Umerah Nkemjika Nnedinso*
Issue :
ASRIC Journal of Natural Sciences 2023 v3-i1
Journal Identifiers :
ISSN : 2795-3610
EISSN : 2795-3610
Published :
2023-12-29
The study was undertaken to evaluate the glycemic index (GI) of ‘ayarayaoka’, ‘okpa’ and ‘achichca and agbugbu’ a traditional dish consumed in Enugu North Senatorial zone. The recipes were standardized and prepared accordingly. Nutrient compositions of the prepared dishes were determined using standard procedures. A serving portion of each dish containing 50g of available carbohydrate was served to ten healthy adult subjects. Glucose was used as the reference food. The postprandial blood glucose response of the test and the reference meals were measured over two hours at 30 minutes interval. Blood glucose curves were plotted, area under each curve and corresponding glycemic index value for each dish determined. Data were analyzed using Statistical Package for Social Sciences (SPSS).
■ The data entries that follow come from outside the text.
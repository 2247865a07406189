-- ===== src/Server/Listener.antt =====
-- server/net.h and server/net.cc, class Listener: libevent's callbacks on the connections. A
-- bufferevent pointer is also the key of its session, and stands for the session's own pointer.
use live_streaming.Base.{
  ℕ, zero, suc, ◌+◌, Bool, false, List, ◌++◌, ◌==◌, ◌||◌, not, if◌then◌else◌, length, none, some,
  erase_key,
}
use live_streaming.Result.{Result, ok, exhausted, ◌>>=◌}
use live_streaming.Session.{Environment, new_session, is_need_close}
use live_streaming.Server.World.{World}
use live_streaming.Server.Reading.{on_read, on_close, store}

-- ListenCallabck on a new bufferevent: a session that is there already is closed, and the new one
-- is dropped.
unfoldable pub close_session : ℕ → World → Result World
close_session key w = elim (w.sessions key) [
  | none ↦ ok w
  | some s ↦ on_close key s w >>= λ w'. ok (record w' { sessions = erase_key w'.sessions key })
]

unfoldable pub listen_callback : List ℕ → ℕ → World → Result World
unfolding close_session
listen_callback random key w = elim (w.sessions key) [
  | none ↦ ok (store key (new_session random) w)
  | some s ↦ close_session key w
]

unfoldable pub buffered : ℕ → World → ℕ
buffered key w = elim (w.sessions key) [ none ↦ 0 | some s ↦ length s.read_data_buffer ]

-- session->IsNeedClose()
unfoldable pub asks_to_close : ℕ → World → Bool
asks_to_close key w = elim (w.sessions key) [ none ↦ false | some s ↦ is_need_close s ]

-- The loop of ReadCallback: OnRead until the read buffer is empty or stays as long as it was.
unfoldable pub read_loop : ℕ → Environment → ℕ → ℕ → ℕ → World → Result World
unfolding close_session buffered asks_to_close
read_loop zero env key pre cur w = exhausted
read_loop (suc fuel) env key pre cur w =
    let turn : Result World = elim (w.sessions key) [
      | none ↦ ok w
      | some s ↦ on_read env key s w >>= λ (w', reply).
          let next = read_loop fuel env key cur (buffered key w') w' in
          if not reply || asks_to_close key w' then close_session key w' else next
    ] in
    if pre == cur || cur == 0 then ok w else turn

-- ReadCallback, with all the bytes that the bufferevent had.
unfoldable pub read_callback : Environment → ℕ → List ℕ → World → Result World
unfolding read_loop
read_callback env key input w = elim (w.sessions key) [
  | none ↦ close_session key w
  | some s ↦
      let bytes = s.read_data_buffer ++ input in
      read_loop (length bytes + 2) env key 0 (length bytes)
        (store key (record s { read_data_buffer = bytes }) w)
]

-- EventCallback: whatever the event, it is logged and the session closed.
unfoldable pub event_callback : ℕ → World → Result World
unfolding close_session
event_callback key w = close_session key w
The dishes had appreciable proximate composition, were moisture ranged from 46.20-62.55%, ash 2.68-3.56%, fat 5.30-8.20%, protein 4.90-17.80%, fibre 0.23-7.20% and carbohydrate 16.31 to 31.22%. The blood glucose concentration of ‘ayarayaoka’, ‘okpa’, ‘achicha and agbugbu’, and glucose reference at 120 minutes were 75.28, 72.80, 80.28 and 88.30 respectively. The glycemic index (GI) and glycemic load (GL) of ‘ayarayaoka’, ‘okpa’ and ‘achicha and agbugbu’ were 47.52, 50.80- and 59.20 for index while 7.75, 10.32 and 18.48 for load respectively. The increametal area under blood glucose response curve showed that glucose standard had 124.93, ayarayaoka had 59.37, okpa had 63.46 while 73.96 were recorded for achicha and agbugbu. Conclusion Glycemic index of the dishes were low except for that of ‘achicha and agbugbu’ that had medium glycemic indices and they can be recommended for diabetics. Key word: Glycemic index, diabetes mellitus, traditional dishes, Okpa, ayarayaoka, achicha and agbugbu.